Tengo un enorme respeto y cariño por la clásica bici de "panadero" (ver primera foto, abajo): bicicletas de cuadro de acero, rodada 29, sin velocidades (un solo piñón adelante y atrás), extremadamente simples y confiables. En más de una ocasión este tipo de bicis; prestadas por campesinos, nos han sacado de algún problema en el campo a mis estudiantes y a mi. ¿Se ponchan y no traes bomba?: rellénale la llanta de pasto y hierbas y a darle. ¿Se rompe la cadena?: amárrala con un pedacito de alambre de la orilla del camino y a darle.
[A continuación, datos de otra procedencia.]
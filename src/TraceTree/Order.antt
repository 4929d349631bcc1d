-- ===== src/TraceTree/Order.antt =====
-- Runs in the order that the class documents: no record comes after the span that it is inside of.
-- Then the children of a node come before it, and `rollup` ends.
use mathlib.Core.Path.{subst}
use logquill_python.Base.{
  ℕ, suc, ◌+◌, ◌<◌, ◌≤◌, String, string_eq, true, false, Option, none, some, List, [], ◌∷◌, ◌++◌,
  ◌≡◌, refl, sym, ap, ◌∙◌, length, length-append, arith, ◌==◌, contains, All, All-append,
  if◌then◌else◌, if_both, Option-cases, Bool-cases, inl, inr,
}
use logquill_python.Dict.{Dict, get, put, remove}
use logquill_python.Dict.Laws.{get-put}
use logquill_python.Value.{Meta}
use logquill_python.TraceTree.{
  Node, Builder, or_nil, add_node, adopt, place, belongs, feed, feed_all, finalize, new,
  build_trace, span_id, parent_span_id,
}
use logquill_python.TraceTree.Kept.{entries_of, length-entries_of, feed_kept, feed_other}

abbrev pub saw : List String → Option String → List String
saw seen none = seen
saw seen (some span) = span ∷ seen

abbrev pub IsOpen : List String → Option String → Type 0
IsOpen seen none = Unit
IsOpen seen (some parent) = contains seen parent ≡ false

-- No record of the run names as its parent a span whose record came before, or its own.
abbrev pub InOrder : String → List String → List Meta → Type 0
InOrder run_id seen [] = Unit
InOrder run_id seen (entry ∷ rest) =
    if belongs run_id entry
    then IsOpen (saw seen (span_id entry)) (parent_span_id entry)
      × InOrder run_id (saw seen (span_id entry)) rest
    else InOrder run_id seen rest

abbrev pub IsBelow : ℕ → ℕ → Type 0
IsBelow n i = i < n

-- the children of each node stand before it; the first node of the list is at `i`
abbrev pub AreBefore : ℕ → List Node → Type 0
AreBefore i [] = Unit
AreBefore i (n ∷ store) = All (IsBelow i) n.children × AreBefore (suc i) store

All-mono : (m n : ℕ) (l : List ℕ) → m ≤ n → All (IsBelow m) l → All (IsBelow n) l
All-mono m n [] h a = tt
All-mono m n (i ∷ l) h (first, more) = (omega arith, All-mono m n l h more)

AreBefore-append :
    (i : ℕ) (store : List Node) (n : Node)
    → AreBefore i store
    → All (IsBelow (i + length store)) n.children
    → AreBefore i (store ++ n ∷ [])
AreBefore-append i [] n a h = (subst (λ m. All (IsBelow m) n.children) (omega arith) h, tt)
AreBefore-append i (m ∷ store) n (first, more) h = (
  first,
  AreBefore-append (suc i) store n more (subst (λ k. All (IsBelow k) n.children) (omega arith) h),
)

abbrev ArePending : ℕ → Dict String (List ℕ) → Type 0
ArePending n [] = Unit
ArePending n ((k, l) ∷ d) = All (IsBelow n) l × ArePending n d

ArePending-mono : (m n : ℕ) (d : Dict String (List ℕ)) → m ≤ n → ArePending m d → ArePending n d
ArePending-mono m n [] h a = tt
ArePending-mono m n ((k, l) ∷ d) h (first, more) =
    (All-mono m n l h first, ArePending-mono m n d h more)

ArePending-get :
    (n : ℕ) (d : Dict String (List ℕ)) (k : String)
    → ArePending n d
    → All (IsBelow n) (or_nil (get d k))
unfolding get
ArePending-get n [] k a = tt
ArePending-get n ((j, l) ∷ d) k (first, more) = elim (Bool-cases (j == k)) [
  | inl e ↦ rw e first
  | inr e ↦ rw e (ArePending-get n d k more)
]

ArePending-remove :
    (n : ℕ) (d : Dict String (List ℕ)) (k : String) → ArePending n d → ArePending n (remove d k)
unfolding remove
ArePending-remove n [] k a = tt
ArePending-remove n ((j, l) ∷ d) k (first, more) =
    if_both (ArePending n) (j == k) (ArePending-remove n d k more)
      (first, ArePending-remove n d k more)

ArePending-put :
    (n : ℕ) (d : Dict String (List ℕ)) (k : String) (l : List ℕ)
    → ArePending n d
    → All (IsBelow n) l
    → ArePending n (put d k l)
unfolding put
ArePending-put n [] k l a h = (h, tt)
ArePending-put n ((j, m) ∷ d) k l (first, more) h =
    if_both (ArePending n) (j == k) (h, more) (first, ArePending-put n d k l more h)

-- after the records whose spans are `seen`; a node that is not placed yet is not counted below `n`
record IsOrdered (n : ℕ) (seen : List String) (b : Builder) : Type 0 where
  pub ids_seen : (k : String) (i : ℕ) → get b.nodes k ≡ some i → contains seen k ≡ true
  pub before : AreBefore 0 b.store
  pub waiting : ArePending n b.pending

new-IsOrdered : (run_id : String) → IsOrdered 0 [] (new run_id)
unfolding new get
new-IsOrdered run_id = record {
  ids_seen = λ k i h. absurd (ground arith);
  before = tt;
  waiting = tt;
}

add_node-IsOrdered :
    (b : Builder) (seen : List String) (entry : Meta) (o : Option String)
    → IsOrdered (length b.store) seen b
    → IsOrdered (length b.store) (saw seen o) (add_node b entry o)
unfolding add_node
add_node-IsOrdered b seen entry none p = record {
  ids_seen = p.ids_seen;
  before = AreBefore-append 0 b.store (record { entry = entry; children = [] }) p.before tt;
  waiting = p.waiting;
}
add_node-IsOrdered b seen entry (some span) p = record {
  ids_seen = λ k i h.
      ground
        (arith, p.ids_seen k i, get-put b.nodes span k (length b.store), string_eq.same_iff span k);
  before =
      AreBefore-append 0 b.store (record { entry = entry; children = or_nil (get b.pending span) })
        p.before
        (subst (λ (m : ℕ). All (IsBelow m) (or_nil (get b.pending span))) (omega arith)
          (ArePending-get (length b.store) b.pending span p.waiting));
  waiting = ArePending-remove (length b.store) b.pending span p.waiting;
}

place-IsOrdered :
    (n : ℕ) (b : Builder) (seen : List String) (o : Option String)
    → IsOpen seen o
    → IsOrdered n seen b
    → IsOrdered (suc n) seen (place b n o)
unfolding place adopt
place-IsOrdered n b seen none free p = record {
  ids_seen = p.ids_seen;
  before = p.before;
  waiting = ArePending-mono n (suc n) b.pending (omega arith) p.waiting;
}
place-IsOrdered n b seen (some span) free p = elim (Option-cases (get b.nodes span)) [
  | inl e ↦
      rw (e, adopt)
        (record {
          ids_seen = p.ids_seen;
          before = p.before;
          waiting =
              let wider = ArePending-mono n (suc n) b.pending (omega arith) p.waiting in
              ArePending-put (suc n) b.pending span (or_nil (get b.pending span) ++ n ∷ []) wider (
                All-append (IsBelow (suc n)) (or_nil (get b.pending span)) (n ∷ [])
                  (ArePending-get (suc n) b.pending span wider) (omega arith, tt));
        })
  | inr (i, e) ↦ absurd (ground (arith, p.ids_seen span i e))
]

feed-IsOrdered :
    (b : Builder) (seen : List String) (entry : Meta)
    → belongs b.run_id entry ≡ true
    → IsOpen (saw seen (span_id entry)) (parent_span_id entry)
    → IsOrdered (length b.store) seen b
    → IsOrdered (length (feed b entry).0.store) (saw seen (span_id entry)) (feed b entry).0
unfolding feed
feed-IsOrdered b seen entry e free p =
    subst (λ (n : ℕ). IsOrdered n (saw seen (span_id entry)) (feed b entry).0)
      (sym (length-feed b entry e))
      (rw e (
        place-IsOrdered (length b.store) (add_node b entry (span_id entry))
          (saw seen (span_id entry)) (parent_span_id entry) free
          (add_node-IsOrdered b seen entry (span_id entry) p)))
  where
    length-feed :
        (b : Builder) (entry : Meta)
        → belongs b.run_id entry ≡ true
        → length (feed b entry).0.store ≡ suc (length b.store)
    length-feed b entry e = omega (
      arith,
      length-entries_of (feed b entry).0.store,
      length-entries_of b.store,
      ap length (feed_kept b entry e).stored,
      length-append {0} (entries_of b.store) (entry ∷ []),
    )

feed_all-AreBefore :
    (run_id : String) (b : Builder) (seen : List String) (records : List Meta)
    → b.run_id ≡ run_id
    → InOrder run_id seen records
    → IsOrdered (length b.store) seen b
    → AreBefore 0 (feed_all b records).store
unfolding feed_all
feed_all-AreBefore run_id b seen [] same ordered p = p.before
feed_all-AreBefore run_id b seen (entry ∷ rest) same ordered p =
    elim (Bool-cases (belongs run_id entry)) [
      | inl e ↦
          let (free, later) = kept_first run_id seen entry rest e ordered in
          let kept : belongs b.run_id entry ≡ true = rw same e in
          feed_all-AreBefore run_id (feed b entry).0 (saw seen (span_id entry)) rest
            ((feed_kept b entry kept).same_run ∙ same) later
            (feed-IsOrdered b seen entry kept free p)
      | inr e ↦
          let other : belongs b.run_id entry ≡ false = rw same e in
          subst (λ (c : Builder). AreBefore 0 (feed_all c rest).store)
            (sym (feed_other b entry other))
            (feed_all-AreBefore run_id b seen rest same
              (other_first run_id seen entry rest e ordered) p)
    ]
  where
    kept_first :
        (run_id : String) (seen : List String) (entry : Meta) (rest : List Meta)
        → belongs run_id entry ≡ true
        → InOrder run_id seen (entry ∷ rest)
        → IsOpen (saw seen (span_id entry)) (parent_span_id entry)
          × InOrder run_id (saw seen (span_id entry)) rest
    kept_first run_id seen entry rest e h = rw e at h

    other_first :
        (run_id : String) (seen : List String) (entry : Meta) (rest : List Meta)
        → belongs run_id entry ≡ false
        → InOrder run_id seen (entry ∷ rest)
        → InOrder run_id seen rest
    other_first run_id seen entry rest e h = rw e at h

pub build_trace-AreBefore :
    (run_id : String) (records : List Meta)
    → InOrder run_id [] records
    → AreBefore 0 (build_trace records run_id).store
unfolding build_trace finalize new
build_trace-AreBefore run_id records ordered =
    feed_all-AreBefore run_id (new run_id) [] records refl ordered (new-IsOrdered run_id)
En las selvas del sur de México las usan los campesinos para ir a la milpa y a cazar, en los desiertos para ir a colectar lechuguilla, en los pueblos y ciudades para repartir el pan, la leche o la correspondencia. Todos las conocemos y las amamos. Formaron parte del paisaje rural y urbano de la infancia de muchos de nosotros. Incluso algunos de nosotros -los más viejos como yo- quizás todavía tuvimos la oportunidad de andar en la famosa "burra" de alguno de nuestros hermanos mayores (ver segunda foto, abajo). De hecho estas bicicletas modificadas dieron origen al deporte del mountain bike en Tamalpais, California: Son las famosas Klunkerz Klunkerz: A Film About Mountain Bike History - YouTube

Sin embargo; hoy yo veo en México cada vez menos de estas bicis y cada vez mas bicis tipo "wallmart" como la del repartidor de esta foto (tercera y cuarta fotos, abajo). Hay una enorme diferencia en ambas bicis: no solo en los cuadros: uno el clásico e infalible doble triángulo de acero o cromoly que tiene más de un siglo de existir y que es uno de los pilares del ciclismo más puro (aquí les recomiendo el libro: Its all about the bike, de Robert Penn, Pinguin books 2010; libro muy bueno, divertido e informativo para los amantes de las bicis). El otro es un engendro espantoso; cuadro de formas imposibles y casi góticas (ver foto cuatro, abajo), con partes y componentes complicados y chafas que seguramente se romperán, oxidarán o aflojarán rápidamente, y que fueron a veces producidos en serie SOLO para ese modelo de bici y por lo tanto no existen partes ni refacciones en el mercado, haciendo a la bici practicamente inservible o convirtiendola en un "bikestein" aún más vizarro y horrible.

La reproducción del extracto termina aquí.